Adjoint Synthesis for Trans-Oceanic Tsunami Waveforms and Simultaneous Inversion of Fault Geometry and Slip Distribution

Tsunamis propagate over long distances and can cause widespread damage even after crossing ocean basins. Prediction of tsunamis in distant areas based on observations near their sources is critical to mitigating damage. In recent years, the accuracy of numerical models of trans-oceanic tsunami propagation has improved significantly due to the incorporation of effects such as the solid earth response to tsunami loading and wave dispersion. However, these models are computationally expensive and have not been fully utilized for real-time prediction. Here, we derive the adjoint operator for the linear set of equations describing deep-ocean tsunami propagation and show how a pre-computed database of adjoint states can achieve rapid synthesis of tsunami waveforms at target sites from nonpoint arbitrary tsunami sources. The adjoint synthesis method allows for an exhaustive parameter search for tsunami source estimation. A method for simultaneous inversion of fault geometry and slip distribution using adjoint synthesis with Sequential Monte Carlo method was proposed and applied to the 2012 Haida Gwaii earthquake tsunami. The influence of model accuracy and the amount of observed data on the estimation of tsunami sources and waveforms was examined.

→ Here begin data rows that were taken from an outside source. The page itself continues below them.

-- ===== src/Fs/Session/Balance.antt =====
-- Each block of memory that a file request is handed is freed once, and not while libuv uses it.
use uvw.Prelude.{
  ℕ, ◌+◌, ◌≡◌, refl, sym, ◌∙◌, Bool, true, false, Option, none, some, List, [], ◌∷◌, ℤ, is_some,
  ◌⊎◌, inl, inr, Bool-cases, Option-cases, false≢true, occurs, occurs-append, arith,
}
use uvw.Fs.{Libuv, Base, FsCall, FsCallback, call, clean, issued, arrive}
use uvw.Fs.File.{complete, write_plain}
use uvw.Fs.FileOps.{FileOp, run_sync}
use uvw.Fs.Session.Blocks.{used, given, moves-used}
use uvw.Fs.Session.Memory.{assigned-dropped, start-current, run_sync-current, complete-current}
use uvw.Fs.Session.{
  Session, listed, launched, block_of, new_block, assigned, dropped, returned, event_block, Move,
  starts, lends, syncs, arrives, new_session, answered, move, moves, end_session, handed,
}

-- The blocks at `a` that were freed or taken, and the one that the request owns.
unfoldable total : ℕ → Session → ℕ
unfolding occurs
total a s = occurs a s.freed + occurs a s.taken + occurs a (listed s.request.current)

-- The memory of the call that libuv works on is the request's own, or the user's.
abbrev pub InUse : Option (FsCall × FsCallback) → (own lent : Option ℕ) → Type 0
InUse none own lent = Unit
InUse (some (c, cb)) own lent = (b : ℕ) → block_of c ≡ some b → (own ≡ some b) ⊎ (lent ≡ some b)

abbrev pub IsInUse : Session → Type 0
IsInUse s = InUse s.pending s.request.current s.lent

InUse-idle :
    (p : Option (FsCall × FsCallback)) (own lent : Option ℕ) → is_some p ≡ false → InUse p own lent
InUse-idle none own lent h = tt
InUse-idle (some (c, cb)) own lent h = absurd (false≢true (sym h))

module _ (libuv : Libuv) where
  -- What a move leaves: `busy` says whether libuv works on the request, and `n` blocks at `a` are
  -- accounted for.
  abbrev Leaves : ℕ → Session → (busy : Bool) → (n : ℕ) → Type 0
  Leaves a s busy n = IsInUse s × (is_some s.pending ≡ busy) × (total a s ≡ n)

  started :
      (a : ℕ) (op : FileOp) (s : Session)
      → is_some s.pending ≡ false
      → Leaves a (move libuv (starts op) s) true (occurs a (listed (new_block op)) + total a s)
  unfolding move total assigned
  started a op s idle =
      let (c, cb, e, given, own) = start-current libuv op s.request in
      rw (idle, e, own)
        (
          λ b hb. inl (rw (sym given ∙ hb) refl),
          refl,
          omega (
            arith,
            occurs-append a s.freed (dropped (new_block op) s.request.current),
            assigned-dropped a (new_block op) s.request.current,
          ),
        )

  lent :
      (a buf len : ℕ) (offset : ℤ) (s : Session)
      → is_some s.pending ≡ false
      → Leaves a (move libuv (lends buf len offset) s) true (total a s)
  unfolding move total write_plain call clean issued launched block_of
  lent a buf len offset s idle = rw idle (λ b hb. inr hb, refl, refl)

  synced :
      (a : ℕ) (op : FileOp) (s : Session)
      → is_some s.pending ≡ false
      → Leaves a (move libuv (syncs op) s) false (occurs a (listed (new_block op)) + total a s)
  unfolding move total
  synced a op s idle = rw idle (
    InUse-idle s.pending _ s.lent idle,
    idle,
    omega (
      arith,
      occurs-append a s.freed (dropped (new_block op) s.request.current),
      occurs-append a s.taken (returned (run_sync libuv op s.request).0),
      assigned-dropped a (new_block op) s.request.current,
      run_sync-current libuv a op s.request,
    ),
  )

  answered-total :
      (a : ℕ) (takes : Bool) (c : FsCall) (cb : FsCallback) (s : Session)
      → total a (answered libuv takes c cb s) ≡ total a s
  unfolding answered total occurs
  answered-total a true c cb s =
      let r = record s.request { base = arrive libuv c s.request.base } in
      omega (
        arith,
        occurs-append a s.taken (event_block (complete libuv cb r).0),
        occurs-append a s.freed [],
        complete-current libuv a cb r,
      )
  answered-total a false c cb s =
      let r = record s.request { base = arrive libuv c s.request.base } in
      omega (
        arith,
        occurs-append a s.freed (event_block (complete libuv cb r).0),
        occurs-append a s.taken [],
        complete-current libuv a cb r,
      )

  arrived :
      (a : ℕ) (takes : Bool) (s : Session)
      → Leaves a (move libuv (arrives takes) s) false (total a s)
  unfolding move total
  arrived a takes s = elim (Option-cases s.pending) [
    | inl idle ↦ rw (idle, move) (rw idle tt, rw idle refl, refl)
    | inr ((c, cb), e) ↦ rw (e, move) (tt, refl, answered-total a takes c cb s)
  ]

  -- What a move leaves, and what it was handed: nothing where libuv works on the request.
  move-Leaves :
      (a : ℕ) (m : Move) (ms : List Move) (s : Session)
      → IsInUse s
      → (busy : Bool) × (n : ℕ) × Leaves a (move libuv m s) busy (n + total a s)
        × (handed a (is_some s.pending) (m ∷ ms) ≡ n + handed a busy ms)
  unfolding move handed
  move-Leaves a (starts op) ms s h = elim (Bool-cases (is_some s.pending)) [
    | inl busy ↦ (true, 0, rw (busy, move) (h, busy, omega arith), rw busy (omega arith))
    | inr idle ↦ (true, _, started a op s idle, rw idle refl)
  ]
  move-Leaves a (lends buf len offset) ms s h = elim (Bool-cases (is_some s.pending)) [
    | inl busy ↦ (true, 0, rw (busy, move) (h, busy, omega arith), omega arith)
    | inr idle ↦
        let (used, on, n) = lent a buf len offset s idle in
        (true, 0, (used, on, omega (arith, n)), omega arith)
  ]
  move-Leaves a (syncs op) ms s h = elim (Bool-cases (is_some s.pending)) [
    | inl busy ↦ (true, 0, rw (busy, move) (h, busy, omega arith), rw busy (omega arith))
    | inr idle ↦ (false, _, synced a op s idle, rw idle refl)
  ]
  move-Leaves a (arrives takes) ms s h =
      let (used, on, n) = arrived a takes s in (false, 0, (used, on, omega (arith, n)), omega arith)

  moves-total :
      (a : ℕ) (ms : List Move) (s : Session)
      → IsInUse s
      → IsInUse (moves libuv ms s)
        × (total a (moves libuv ms s) ≡ handed a (is_some s.pending) ms + total a s)
  unfolding moves handed
  moves-total a [] s h = (h, omega arith)
  moves-total a (m ∷ ms) s h =
      let (busy, n, (used, on, e), given) = move-Leaves a m ms s h in
      let (u, k) = moves-total a ms (move libuv m s) used in
      (u, omega (arith, e, given, rw on at k))

-- However a file request is used, one operation after the other's answer, and whatever libuv answers:
-- every call that has libuv read or fill memory, synchronous or not, gets the block that its operation
-- allocates or takes over, or the user's own where a plain write lends it; while libuv has not answered
-- such a call, the request owns that block, or the user has lent it; and each time that the request is
-- handed a block, by a read that allocates one or by a write that takes one over, it is freed once,
-- moved to the user, or owned by the request, which frees it at its end.
pub session_balance :
    (libuv : Libuv) (b : Base) (a : ℕ) (ms : List Move)
    → (t : Session) × (moves libuv ms (new_session b) ≡ t)
      × (used t.request.base.log ≡ given false ms (used b.log))
      × InUse t.pending t.request.current t.lent
      × (occurs a t.freed + occurs a t.taken + occurs a (listed t.request.current)
          ≡ handed a false ms)
      × (occurs a (end_session libuv t).freed + occurs a (end_session libuv t).taken
          ≡ handed a false ms)
unfolding total end_session occurs
session_balance libuv b a ms =
    let (own, e) = moves-total libuv a ms (new_session b) tt in
    let t = moves libuv ms (new_session b) in
    (
      t,
      refl,
      moves-used libuv ms (new_session b),
      own,
      omega (arith, e),
      omega (arith, e, occurs-append a t.freed (listed t.request.current)),
    )
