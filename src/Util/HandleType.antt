-- ===== src/Util/HandleType.antt =====
-- The types of handles: `uvw_handle_type` and `guess_handle` of src/uvw/util.h and util.ipp, and
-- `loop::walk` of loop.h, which dispatches on them.
-- A category is a number of libuv's `uv_handle_type`; `value t` is the one that the type `t` stands
-- for.
use uvw.Prelude.{
  ℕ, zero, suc, ◌≡◌, ◌≢◌, refl, sym, ◌⊎◌, inl, inr, Bool, true, false, Option, none, some, List, [],
  ◌∷◌, ◌++◌, ◌==◌, ==_iff, if◌then◌else◌, get_elem?, arith, Bool-cases,
}

pub data HandleType : Type 0 where
  unknown async check fs_event fs_poll handle idle pipe poll : HandleType
  prepare process stream tcp timer tty udp signal file : HandleType

-- The labels of the `switch` in `utilities::guess_handle`, in its order.
abbrev pub labels : List HandleType
labels =
    async ∷ check ∷ fs_event ∷ fs_poll ∷ handle ∷ idle ∷ pipe ∷ poll ∷ prepare ∷ process ∷ stream
    ∷ tcp ∷ timer ∷ tty ∷ udp ∷ signal ∷ file ∷ []

-- The types that `loop::walk` knows a class for; every other goes to its `default`.
unfoldable pub has_class : HandleType → Bool
has_class unknown = false
has_class handle = false
has_class stream = false
has_class file = false
has_class _ = true

-- A handle of a loop: its type, and `data`, which is its maker's; uvw sets it to the object's address.
pub record RawHandle : Type 0 where
  pub category : ℕ
  pub data_ : Option ℕ

module _ (value : HandleType → ℕ) where
  unfoldable pub switch : ℕ → List HandleType → HandleType
  switch category [] = unknown
  switch category (t ∷ ts) = if category == value t then t else switch category ts

  unfoldable pub guess_handle : ℕ → HandleType
  unfolding switch
  guess_handle category = switch category labels

  -- The call of the user's function that the lambda in `walk` makes for one handle.
  unfoldable pub visit : RawHandle → List (HandleType × ℕ)
  visit h = elim h.data_ [
    | none ↦ []
    | some d ↦ let t = guess_handle h.category in if has_class t then (t, d) ∷ [] else []
  ]

  -- `uv_walk` calls the lambda for each handle of the loop.
  unfoldable pub walk : List RawHandle → List (HandleType × ℕ)
  unfolding visit
  walk [] = []
  walk (h ∷ hs) = visit h ++ walk hs

-- The enumerators of libuv are distinct.
abbrev pub IsEnum : (HandleType → ℕ) → Type 0
IsEnum value = (t u : HandleType) → value t ≡ value u → t ≡ u

abbrev position : HandleType → ℕ
position unknown = 17
position async = 0
position check = 1
position fs_event = 2
position fs_poll = 3
position handle = 4
position idle = 5
position pipe = 6
position poll = 7
position prepare = 8
position process = 9
position stream = 10
position tcp = 11
position timer = 12
position tty = 13
position udp = 14
position signal = 15
position file = 16

labels-position : (t : HandleType) → t ≢ unknown → get_elem? labels (position t) ≡ some t
labels-position unknown ne = absurd (ne refl)
labels-position async ne = refl
labels-position _ ne = refl

module _ (value : HandleType → ℕ) (enum : IsEnum value) where
  label-matches : (t u : HandleType) → ((value t == value u) ≡ true) → t ≡ u
  label-matches t u h = enum t u ((==_iff _ _).0 h)

  switch-value :
      (t : HandleType) (ts : List HandleType) (i : ℕ)
      → get_elem? ts i ≡ some t
      → switch value (value t) ts ≡ t
  unfolding switch
  switch-value t [] i e = cc
  switch-value t (u ∷ ts) zero e = ground (arith, (==_iff (value t) (value u)).1)
  switch-value t (u ∷ ts) (suc i) e = elim (Bool-cases (value t == value u)) [
    | inl hit ↦ rw hit (sym (label-matches t u hit))
    | inr miss ↦ rw miss (switch-value t ts i e)
  ]

  -- No other category is taken for a type that has a label.
  switch_sound :
      (c : ℕ) (ts : List HandleType)
      → (switch value c ts ≡ unknown) ⊎ (value (switch value c ts) ≡ c)
  unfolding switch
  switch_sound c [] = inl refl
  switch_sound c (u ∷ ts) = elim (Bool-cases (c == value u)) [
    | inl hit ↦ rw hit (inr (sym ((==_iff _ _).0 hit)))
    | inr miss ↦ rw miss (switch_sound c ts)
  ]

  switch-labels : (t : HandleType) → switch value (value t) labels ≡ t
  switch-labels unknown = elim (switch_sound (value unknown) labels) [
    | inl e ↦ e
    | inr e ↦ enum _ _ e
  ]
  switch-labels async = switch-value async labels 0 refl
  switch-labels t = switch-value t labels (position t) (labels-position t (λ e. cc))

  -- Every type is guessed from its own category, and a category from which a type other than
  -- `UNKNOWN` is guessed is that type's own: `guess_handle` inverts the enumeration.
  pub guess_handle-value :
      (t : HandleType) (c : ℕ)
      → (guess_handle value (value t) ≡ t)
        × ((guess_handle value c ≡ unknown) ⊎ (value (guess_handle value c) ≡ c))
  unfolding guess_handle
  guess_handle-value t c = (switch-labels t, switch_sound c labels)

-- A handle of a loop as its maker knows it: one of uvw's, with its address, or one that other code
-- made, whose `data` is its maker's.
pub data Registered : Type 0 where
  ours : HandleType → ℕ → Registered
  foreign : HandleType → Option ℕ → Registered

abbrev pub raw : (HandleType → ℕ) → Registered → RawHandle
raw value (ours t d) = record { category = value t; data_ = some d }
raw value (foreign t d) = record { category = value t; data_ = d }

-- Every handle of uvw is of a type that has a class.
abbrev pub Classed : Registered → Type 0
Classed (ours t d) = has_class t ≡ true
Classed (foreign t d) = Unit

-- The handles that are objects of uvw, or are taken for such.
unfoldable pub taken_for_ours : List Registered → List (HandleType × ℕ)
unfolding has_class
taken_for_ours [] = []
taken_for_ours (ours t d ∷ hs) = (t, d) ∷ taken_for_ours hs
taken_for_ours (foreign t none ∷ hs) = taken_for_ours hs
taken_for_ours (foreign t (some d) ∷ hs) =
    let rest = taken_for_ours hs in if has_class t then (t, d) ∷ rest else rest
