-- ===== src/Context/W3c.antt =====
-- sdks/python/src/wardex_sdk/context/_w3c.py: reading and writing `traceparent`, and vetting an
-- inbound `tracestate`. Texts are lists of code points.
pub mod Hex
pub mod RoundTrip
pub mod Tracestate
mod Tests
use wardex_sdk.Prelude.{
  ℕ, zero, suc, ◌+◌, ◌-◌, ◌*◌, ◌%◌, Bool, true, false, not, ◌&&◌, ◌||◌, Option, none, some, List,
  [], ◌∷◌, ◌++◌, length, take, all, ltb, leb, nat_eq, if◌then◌else◌,
}
use wardex_sdk.Prelude.Text.{Text, codes, between, strip, text_eq}
use wardex_sdk.Prelude.Split.{split, join}
use wardex_sdk.Types.{TraceId, SpanId, SpanContext, to_hex, trace_hex, span_hex}

infixl 5 ◌>>=◌
abbrev pub ◌>>=◌ {ℓ κ} : {A : Type ℓ} {B : Type κ} → Option A → (A → Option B) → Option B
none >>= f = none
some a >>= f = f a

abbrev pub dash : ℕ
dash = b'-'

-- `[0-9a-f]`.
unfoldable pub is_hex : ℕ → Bool
is_hex c = between 48 57 c || between 97 102 c

abbrev pub cons_run : ℕ → Option (Text × Text) → Option (Text × Text)
cons_run c none = none
cons_run c (some (ds, r)) = some (c ∷ ds, r)

-- `[0-9a-f]{n}`: the digits, and what follows them.
unfoldable pub hex_run : ℕ → Text → Option (Text × Text)
hex_run zero s = some ([], s)
hex_run (suc n) [] = none
hex_run (suc n) (c ∷ s) = let rest = hex_run n s in if is_hex c then cons_run c rest else none

-- A literal `-`.
unfoldable pub literal_dash : Text → Option Text
literal_dash [] = none
literal_dash (c ∷ s) = if nat_eq c dash then some s else none

-- `.*$` with no flag: the dot stops at a line feed, and `$` also matches before a last one.
unfoldable pub dot_star_end : Text → Option Text
dot_star_end [] = some []
dot_star_end (c ∷ s) =
    let rest = dot_star_end s in
    if nat_eq c 10
    then elim s [ [] ↦ some [] | _ ∷ _ ↦ none ]
    else elim rest [ none ↦ none | some r ↦ some (c ∷ r) ]

-- The groups of `_FIELD_RE`.
pub record Fields : Type 0 where
  pub version : Text
  pub trace_id : Text
  pub span_id : Text
  pub flags : Text
  pub rest : Text

unfoldable pub field_re : Text → Option Fields
field_re s = do
  (version, s₁) ← hex_run 2 s
  s₂ ← literal_dash s₁
  (trace_id, s₃) ← hex_run 32 s₂
  s₄ ← literal_dash s₃
  (span_id, s₅) ← hex_run 16 s₄
  s₆ ← literal_dash s₅
  (flags, s₇) ← hex_run 2 s₆
  rest ← dot_star_end s₇
  some (record {
    version = version;
    trace_id = trace_id;
    span_id = span_id;
    flags = flags;
    rest = rest;
  })

abbrev is_nonempty : Text → Bool
is_nonempty [] = false
is_nonempty (_ ∷ _) = true

unfoldable pub future_fields_ok : Text → Bool
future_fields_ok [] = false
future_fields_ok (c ∷ s) = if nat_eq c dash then all is_nonempty (split dash s) else false

-- The number that a hexadecimal digit stands for.
unfoldable pub hex_value : ℕ → ℕ
hex_value c = if leb c 57 then c - 48 else c - 87

-- `bytes.fromhex`, on a text of hexadecimal digits in lower case.
unfoldable pub from_hex : Text → List ℕ
unfolding hex_value
from_hex [] = []
from_hex (c ∷ []) = []
from_hex (c ∷ d ∷ s) = (hex_value c * 16 + hex_value d) ∷ from_hex s

-- `int(text, 16)`, on such a text.
unfoldable pub int16 : ℕ → Text → ℕ
unfolding hex_value
int16 acc [] = acc
int16 acc (c ∷ s) = int16 (acc * 16 + hex_value c) s

-- `value == bytes(n)`, for a value of that length.
unfoldable pub all_zero : List ℕ → Bool
all_zero [] = true
all_zero (b ∷ bs) = nat_eq b 0 && all_zero bs

-- What `parse_traceparent` does with the groups of a match.
unfoldable pub read_fields : Fields → Option (TraceId × SpanId × ℕ)
unfolding from_hex int16 all_zero text_eq future_fields_ok
read_fields m =
    if text_eq m.version (codes "ff")
    then none
    else if text_eq m.version (codes "00") && is_nonempty m.rest
    then none
    else if is_nonempty m.rest && not (future_fields_ok m.rest)
    then none
    else if all_zero (from_hex m.trace_id) || all_zero (from_hex m.span_id)
    then none
    else some (
      record { value = from_hex m.trace_id },
      record { value = from_hex m.span_id },
      int16 0 m.flags,
    )

unfoldable pub parse_traceparent : Text → Option (TraceId × SpanId × ℕ)
unfolding read_fields field_re hex_run literal_dash dot_star_end strip is_hex
parse_traceparent value = field_re (strip value) >>= read_fields

unfoldable pub format_traceparent : SpanContext → Text
unfolding to_hex trace_hex span_hex
format_traceparent ctx =
    codes "00-"
    ++ (trace_hex ctx.trace_id
        ++ (dash ∷ (span_hex ctx.span_id ++ (dash ∷ to_hex ((ctx.trace_flags % 256) ∷ [])))))

abbrev pub max_tracestate_members : ℕ
max_tracestate_members = 32

abbrev pub comma : ℕ
comma = b','

-- `"\x20" <= ch <= "\x7e"`.
abbrev pub is_printable : ℕ → Bool
is_printable = between 0x20 0x7e

-- What `sanitize_tracestate` does with the stripped value.
unfoldable pub cap_members : Text → Text
cap_members trimmed =
    let members = split comma trimmed in
    if ltb max_tracestate_members (length members)
    then join comma (take max_tracestate_members members)
    else trimmed

unfoldable pub sanitize_tracestate : Option Text → Option Text
unfolding cap_members
sanitize_tracestate none = none
sanitize_tracestate (some value) =
    let trimmed = strip value in
    if not (is_nonempty trimmed)
    then none
    else if not (all is_printable trimmed)
    then none
    else some (cap_members trimmed)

It was found that with a highly accurate propagation model, using only a limited amount of observed data produced source and waveform estimates very similar to the final models obtained with much larger data sets. The final inferred fault model involved megathrust slip distributed between the Haida Gwaii trench and the Queen Charlotte fault. The proposed method can also quantify the uncertainty of the waveform forecasts.